Thursday, April 11, 2013

Rockmelt Browser dead, after $40 Mil in VC, keeps fighting with Rockmelt.com

  

Working in the web browser space has been interesting lately. Opera dropping Presto browsing engine, Opera and Chrome announcing their departure from Webkit, and today Rockmelt (a VC backed browser player with $40 Million in VC) has announced that they are shuttering their desktop social browser.

I remember when Rockmelt first launched in 2008, at the time i was at Flock- the Social web browser (the original VC backed social web browser play). The Flock team crowded around a screen, anxiously  reading the news on techcrunch of our copycat competitor. 

At the time our take away was that they 1 for 1 copied Flock's social browser idea. It was uncanny, however Rockmelt was built on top of Chromium and not Firefox (Flock was mostly Firefox based, except in its last days when its last few versions were chromium based). Everyone at Flock knew that Rockmelt had the upper hand since Chromium was a more modern foundation at the time (compared to FF 3.5) .

Flock didnt last too long after that point, as it exited via acquisition by Zynga. Meanwhile Rockmelt powered on for the next 5 years assuming the mantle of the "Social Desktop web browser). To be honest, Rockmelt took some of the learnings discovered at Flock and applied them. They pushed the envelope further then Flock ever got a chance too. Nevertheless it was not enough to carve out a beachhead against the chrome powerhouse (which just recently broke through to over 50% marketshare of desktop web browsers). 

I salute the Rockmelt team for fighting the good fight, and sticking to their guns until the 11th hour. Now their Desktop social web browser is joining Flock in the deadpool .

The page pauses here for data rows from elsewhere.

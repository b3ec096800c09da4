-- ===== src/Kernel/Cursor.antt =====
-- `ReservedCursor` of crates/kernel/src/flow.rs: the reservations are read in one pass beside
-- the stakes. The cursor is the entries that it has not passed yet.
pub mod Lookup
use edet.Base.{ℕ, [], ◌∷◌, Ordering}
use edet.Map.Keys.{pair_ordered}
use edet.Kernel.{Reservations}

abbrev pub ReservedCursor : Type 0
ReservedCursor = Reservations

-- `ReservedCursor::new`
abbrev pub new : Reservations → ReservedCursor
new reserved = reserved

-- `ReservedCursor::at`: the reservation on `key`, or zero, and the cursor past every entry below it.
unfoldable pub at : ℕ × ℕ → ReservedCursor → ℕ × ReservedCursor
at key [] = (0, [])
at key ((k, v) ∷ next) = elim (pair_ordered.cmp k key) [
  | Ordering.lt ↦ at key next
  | Ordering.eq ↦ (v, (k, v) ∷ next)
  | Ordering.gt ↦ (0, (k, v) ∷ next)
]
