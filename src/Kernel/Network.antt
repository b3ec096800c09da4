-- ===== src/Kernel/Network.antt =====
-- `Network` of crates/kernel/src/flow.rs: the residual network and its construction. A node that
-- takes no part has no slot: `none` stands for the mark `u32::MAX` of `slot_of`. A read past the
-- end of a vector, which panics in the source, gives the default that is written with it.
pub mod Counts
pub mod Place
pub mod Index
pub mod Arcs
pub mod Pending
pub mod Shape
use edet.Base.{
  ℕ, zero, suc, ◌+◌, ◌-◌, ◌/◌, ◌%◌, Bool, true, false, Option, none, some, List, [], ◌∷◌, ◌++◌,
  ◌&&◌, length, replicate, get_or, set, take, drop, ltb, ◌==◌, if◌then◌else◌, not,
}
use edet.Map.{amount_at}
use edet.Kernel.{Edges, Reservations, Committed, Underwriters, u64_max}
use edet.Kernel.Cursor
use edet.Kernel.Cursor.{ReservedCursor}
use edet.Kernel.Routes.{contains}
use edet.Map.Keys.{nat_ordered}

-- `UNBOUNDED`, the capacity of a sink arc.
abbrev pub unbounded : ℕ
unbounded = u64_max / 4

pub record Network : Type 0 where
  pub to : List ℕ
  pub cap : List ℕ
  pub tail : List ℕ
  pub head_start : List ℕ
  pub head_arcs : List ℕ
  pub ledger_arc : List ((ℕ × ℕ) × ℕ)
  pub supply_arc : List (ℕ × ℕ)
  pub src : ℕ
  pub snk : ℕ

-- The other direction of an arc, `a ^ 1`.
abbrev pub mate : ℕ → ℕ
mate a = if a % 2 == 0 then a + 1 else a - 1

-- The participants: `mark` after the loops over the stakes, the underwriters and the targets.
unfoldable pub mark_edges : ℕ → Edges → List Bool → List Bool
mark_edges n [] mark = mark
mark_edges n (((c, d), _) ∷ edges) mark =
    mark_edges n edges (if ltb c n && ltb d n then set (set mark c true) d true else mark)

unfoldable pub mark_ids : ℕ → List ℕ → List Bool → List Bool
mark_ids n [] mark = mark
mark_ids n (id ∷ ids) mark = mark_ids n ids (if ltb id n then set mark id true else mark)

abbrev pub ids_of : Underwriters → List ℕ
ids_of [] = []
ids_of ((u, _) ∷ uw) = u ∷ ids_of uw

-- The rank of each marked account, and how many there are.
unfoldable pub ranks : List Bool → ℕ → List (Option ℕ) × ℕ
ranks [] m = ([], m)
ranks (here ∷ mark) m =
    let (slots, count) = ranks mark (if here then m + 1 else m) in
    ((if here then some m else none) ∷ slots, count)

unfoldable pub slot : ℕ → List (Option ℕ) → ℕ → Option ℕ
slot n slot_of id = if ltb id n then get_or slot_of id none else none

-- `Network::arc`: a forward arc and its reverse, which carries nothing.
unfoldable pub arc : Network → ℕ → ℕ → ℕ → Network
arc net u v c = record net {
  to = net.to ++ v ∷ u ∷ [];
  cap = net.cap ++ c ∷ 0 ∷ [];
  tail = net.tail ++ u ∷ v ∷ [];
}

-- A stake arc and its entry in the table, where both ends take part: of the free capacity that the
-- cursor leaves.
unfoldable pub add_edge :
    ℕ → List (Option ℕ) → ℕ × ℕ → ℕ → ReservedCursor → Network → ReservedCursor × Network
unfolding slot arc
add_edge n slots (c, d) w held net = elim (slot n slots c) [
  | none ↦ (held, net)
  | some ci ↦ elim (slot n slots d) [
    | none ↦ (held, net)
    | some di ↦
        let (r, held') = Cursor.at (c, d) held in
        let net' = arc net ci di (w - r) in
        (held', record net' { ledger_arc = net'.ledger_arc ++ ((c, d), length net.to) ∷ [] })
  ]
]

-- The stake arcs, in key order.
unfoldable pub add_edges : ℕ → List (Option ℕ) → Edges → ReservedCursor → Network → Network
unfolding add_edge
add_edges n slots [] held net = net
add_edges n slots ((key, w) ∷ edges) held net =
    let (held', net') = add_edge n slots key w held net in add_edges n slots edges held' net'

-- A supply arc, of the uncommitted supply. Underwriters inside the measured set supply it nothing,
-- except in the write layer's reading.
unfoldable pub add_supplier :
    ℕ → List (Option ℕ) → Committed → List ℕ → Bool → ℕ → ℕ → Network → Network
unfolding slot arc contains
add_supplier n slots committed targets own_supply u supply net = elim (slot n slots u) [
  | none ↦ net
  | some ui ↦
      let net' = arc net net.src ui (supply - amount_at u committed) in
      if not own_supply && contains u targets
      then net
      else record net' { supply_arc = net'.supply_arc ++ (u, length net.to) ∷ [] }
]

-- The supply arcs, in underwriter order.
unfoldable pub add_supply :
    ℕ → List (Option ℕ) → Committed → List ℕ → Bool → Underwriters → Network → Network
unfolding add_supplier
add_supply n slots committed targets own_supply [] net = net
add_supply n slots committed targets own_supply ((u, supply) ∷ uw) net =
    add_supply n slots committed targets own_supply uw
      (add_supplier n slots committed targets own_supply u supply net)

unfoldable pub add_targets : ℕ → List (Option ℕ) → List ℕ → Network → Network
unfolding slot arc
add_targets n slots [] net = net
add_targets n slots (t ∷ targets) net =
    add_targets n slots targets
      (elim (slot n slots t) [ none ↦ net | some ti ↦ arc net ti net.snk unbounded ])

-- The counting sort of `Network::index`: the count of each tail one place up, the running sums,
-- and each arc put at its tail's cursor.
unfoldable pub count_tails : List ℕ → List ℕ → List ℕ
count_tails [] start = start
count_tails (t ∷ tail) start = count_tails tail (set start (t + 1) (get_or start (t + 1) 0 + 1))

unfoldable pub running_sums : ℕ → ℕ → List ℕ → List ℕ
running_sums zero i start = start
running_sums (suc k) i start =
    running_sums k (i + 1) (set start (i + 1) (get_or start (i + 1) 0 + get_or start i 0))

unfoldable pub place : List ℕ → ℕ → List ℕ → List ℕ → List ℕ
place [] id cursor arcs = arcs
place (t ∷ tail) id cursor arcs =
    place tail (id + 1) (set cursor t (get_or cursor t 0 + 1)) (set arcs (get_or cursor t 0) id)

unfoldable pub index : Network → ℕ → Network
unfolding count_tails running_sums place
index net nodes =
    let start = running_sums nodes 0 (count_tails net.tail (replicate (nodes + 1) 0)) in
    record net {
      head_start = start;
      head_arcs = place net.tail 0 start (replicate (length net.tail) 0);
    }

-- `Network::out`: the arcs leaving `u`, in creation order.
unfoldable pub out : Network → ℕ → List ℕ
out net u =
    let from = get_or net.head_start u 0 in
    take (get_or net.head_start (u + 1) 0 - from) (drop from net.head_arcs)

unfoldable pub participants : Edges → Underwriters → List ℕ → ℕ → List Bool
unfolding mark_edges mark_ids
participants edges uw targets n =
    mark_ids n targets (mark_ids n (ids_of uw) (mark_edges n edges (replicate n false)))

abbrev pub bare : ℕ → Network
bare m = record {
  to = [];
  cap = [];
  tail = [];
  head_start = [];
  head_arcs = [];
  ledger_arc = [];
  supply_arc = [];
  src = m;
  snk = m + 1;
}

-- The arcs of the network, before the adjacency is indexed.
unfoldable pub arcs_of :
    Edges → Reservations → Committed → Underwriters → List ℕ → ℕ → Bool → Network
unfolding participants ranks add_edges add_supply add_targets
arcs_of edges reserved committed uw targets n own_supply =
    let (slots, m) = ranks (participants edges uw targets n) 0 in
    add_targets n slots targets (
      add_supply n slots committed targets own_supply uw
        (add_edges n slots edges (Cursor.new reserved) (bare m)))

-- `Network::build`
unfoldable pub build : Edges → Reservations → Committed → Underwriters → List ℕ → ℕ → Bool → Network
unfolding arcs_of index
build edges reserved committed uw targets n own_supply =
    let net = arcs_of edges reserved committed uw targets n own_supply in index net (net.src + 2)
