-- ===== src/Kernel/Search.antt =====
-- `Network::levels` and `Network::flow` of crates/kernel/src/flow.rs: Dinic's search. A node that
-- the search has not reached has no level: `none` stands for the mark `u32::MAX`.
pub mod Limit
pub mod Sound
pub mod Paths
pub mod Augment
pub mod Walking
use edet.Base.{
  ℕ, zero, suc, ◌+◌, ◌-◌, ◌*◌, min, Bool, true, false, ◌&&◌, Option, none, some, List, [], ◌∷◌,
  ◌++◌, ltb, leb, ◌==◌, if◌then◌else◌, length, get_or, set, replicate, drop,
}
use edet.Kernel.Network.{Network, mate, out}

abbrev pub nodes : Network → ℕ
nodes net = length net.head_start - 1

abbrev pub cap_at : List ℕ → ℕ → ℕ
cap_at cap a = get_or cap a 0

abbrev pub head : Network → ℕ → ℕ
head net a = get_or net.to a 0

-- The arcs out of one node: each new head gets the level `l` and joins the queue.
unfoldable pub visit : Network → ℕ → List ℕ → List (Option ℕ) → List ℕ → List (Option ℕ) × List ℕ
visit net l [] level queue = (level, queue)
visit net l (a ∷ arcs) level queue =
    let v = head net a in
    let fresh : Bool = elim (get_or level v (some 0)) [ none ↦ true | some _ ↦ false ] in
    let new = ltb 0 (cap_at net.cap a) && fresh in
    visit net l arcs (if new then set level v (some l) else level)
      (if new then queue ++ v ∷ [] else queue)

-- `level[u] + 1`
abbrev pub next_level : List (Option ℕ) → ℕ → ℕ
next_level level u = elim (get_or level u none) [ none ↦ 0 | some l ↦ l + 1 ]

-- The queue of `levels`. The fuel counts the nodes that may leave it.
unfoldable pub bfs : ℕ → Network → List (Option ℕ) → List ℕ → List (Option ℕ) × List ℕ
unfolding visit
bfs zero net level queue = (level, queue)
bfs (suc fuel) net level [] = (level, [])
bfs (suc fuel) net level (u ∷ queue) =
    let (level', queue') = visit net (next_level level u) (out net u) level queue in
    bfs fuel net level' queue'

unfoldable pub levelled : Network → List (Option ℕ) × List ℕ
unfolding bfs
levelled net =
    bfs (nodes net) net (set (replicate (nodes net) none) net.src (some 0)) (net.src ∷ [])

-- `Network::levels`
unfoldable pub levels : Network → Option (List (Option ℕ))
unfolding levelled
levels net =
    let level = (levelled net).0 in
    elim (get_or level net.snk none) [ none ↦ none | some _ ↦ some level ]

-- The variables of the inner loop. The path's last arc comes first; `halted` marks a `break`.
pub record Walk : Type 0 where
  pub total : ℕ
  pub cap : List ℕ
  pub next_arc : List ℕ
  pub path : List ℕ
  pub u : ℕ
  pub halted : Bool

-- `path.iter().map(|&a| self.cap[a]).min()`
abbrev pub least_cap : List ℕ → List ℕ → Option ℕ
least_cap cap [] = none
least_cap cap (a ∷ path) = elim (least_cap cap path) [
  | none ↦ some (cap_at cap a)
  | some c ↦ some (min c (cap_at cap a))
]

-- `let push = ….min().unwrap_or(0).min(want)`
unfoldable pub bottleneck : List ℕ → List ℕ → ℕ → ℕ
bottleneck cap path want = elim (least_cap cap path) [ none ↦ min 0 want | some c ↦ min c want ]

-- `self.cap[a] -= push; self.cap[a ^ 1] += push`
abbrev pub push_arc : ℕ → ℕ → List ℕ → List ℕ
push_arc push a cap =
    let less = set cap a (cap_at cap a - push) in set less (mate a) (cap_at less (mate a) + push)

-- The `for` loop of the augmentation, from the source's side on: the capacities, whether an arc
-- was saturated, and the path cut short of the first such arc.
unfoldable pub augment : ℕ → List ℕ → List ℕ → List ℕ × Bool × List ℕ
augment push [] cap = (cap, false, [])
augment push (a ∷ path) cap =
    let (cap1, hit, kept) = augment push path cap in
    let cap2 = push_arc push a cap1 in
    (
      cap2,
      if hit then true else cap_at cap2 a == 0,
      if hit then kept else if cap_at cap2 a == 0 then path else a ∷ path,
    )

-- Where a path that starts at the source ends.
abbrev pub path_end : Network → List ℕ → ℕ
path_end net [] = net.src
path_end net (a ∷ _) = head net a

-- `self.cap[a] > 0 && level[v] == level[u] + 1`
unfoldable pub usable : Network → List (Option ℕ) → List ℕ → ℕ → ℕ → Bool
usable net level cap u a =
    let lower : Bool = elim (get_or level u none) [
      | none ↦ false
      | some l ↦ elim (get_or level (head net a) none) [ none ↦ false | some k ↦ k == l + 1 ]
    ] in
    ltb 0 (cap_at cap a) && lower

-- The scan for the next usable arc: the place where it stops, and the arc there.
unfoldable pub scan : Network → List (Option ℕ) → List ℕ → ℕ → List ℕ → ℕ → ℕ × Option ℕ
unfolding usable
scan net level cap u [] i = (i, none)
scan net level cap u (a ∷ arcs) i =
    let rest = scan net level cap u arcs (i + 1) in
    if usable net level cap u a then (i, some a) else rest

-- The branch at the sink.
unfoldable pub augment_step : Network → ℕ → Walk → Walk
unfolding bottleneck augment
augment_step net limit s =
    let push = bottleneck s.cap s.path (limit - s.total) in
    let (cap, _, kept) = augment push s.path s.cap in
    record s { total = s.total + push; cap = cap; path = kept; u = path_end net kept }

-- The branch at a dead end.
unfoldable pub retreat_step : Network → Walk → Walk
retreat_step net s = elim s.path [
  | [] ↦ record s { halted = true }
  | a ∷ path ↦
      let u = head net (mate a) in
      record s { path = path; u = u; next_arc = set s.next_arc u (get_or s.next_arc u 0 + 1) }
]

-- The place in the arcs of `u` is kept, and the path goes on by the arc found or goes back.
unfoldable pub move_on : Network → Walk → ℕ × Option ℕ → Walk
unfolding retreat_step
move_on net s (i, none) = retreat_step net (record s { next_arc = set s.next_arc s.u i })
move_on net s (i, some a) = record s {
  next_arc = set s.next_arc s.u i;
  path = a ∷ s.path;
  u = head net a;
}

-- The branch that looks for the next arc out of `u`.
unfoldable pub advance_step : Network → List (Option ℕ) → Walk → Walk
unfolding scan move_on
advance_step net level s =
    let from = get_or s.next_arc s.u 0 in
    move_on net s (scan net level s.cap s.u (drop from (out net s.u)) from)

-- One turn of the inner `loop`.
unfoldable pub step : Network → List (Option ℕ) → ℕ → Walk → Walk
unfolding augment_step advance_step
step net level limit s =
    if leb limit s.total
    then record s { halted = true }
    else if s.u == net.snk
    then augment_step net limit s
    else advance_step net level s

unfoldable pub walk : ℕ → Network → List (Option ℕ) → ℕ → Walk → Walk
unfolding step
walk zero net level limit s = s
walk (suc fuel) net level limit s = elim s.halted [
  | true ↦ s
  | false ↦ walk fuel net level limit (step net level limit s)
]

-- One phase over a level graph. A turn takes an arc onto the path, or moves the place in some
-- node's arcs: the fuel is a bound on these.
abbrev pub phase_fuel : Network → ℕ
phase_fuel net = (2 * length net.to + 2) * (nodes net + 2)

abbrev pub start_walk : Network → ℕ → Walk
start_walk net total = record {
  total = total;
  cap = net.cap;
  next_arc = replicate (nodes net) 0;
  path = [];
  u = net.src;
  halted = false;
}

unfoldable pub phase : Network → List (Option ℕ) → ℕ → ℕ → Walk
unfolding walk
phase net level limit total = walk (phase_fuel net) net level limit (start_walk net total)

-- The outer loop. Every phase but a last one moves a unit, so `limit` rounds are enough.
unfoldable pub rounds : ℕ → Network → ℕ → ℕ → ℕ × Network
unfolding phase levels
rounds zero net limit total = (total, net)
rounds (suc fuel) net limit total = elim (ltb total limit) [
  | false ↦ (total, net)
  | true ↦ elim (levels net) [
    | none ↦ (total, net)
    | some level ↦
        let s = phase net level limit total in
        rounds fuel (record net { cap = s.cap }) limit s.total
  ]
]

-- `Network::flow`: the flow found, and the network it leaves.
unfoldable pub flow : Network → ℕ → ℕ × Network
unfolding rounds
flow net limit = rounds limit net limit 0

The silver lining is that Rockmelt is not completely dead. In reality they launched an iPhone and iPad browser 3-4 months ago. Their new iOS apps were 65% news reader and 35% web browser. But having said that if you wanted to you could go to a URL or search google through the Rockmelt iOS app pretty easily. There is a pretty good browser core hidden underneath a social reader layer. Apparently, these apps have gotten hundreds of thousands of users that are "highly" engaged. This pivot is getting new wind today, as Rockmelt announced that Rockmelt.com will bring a web version of the social reader experience so that it is more widely accessible.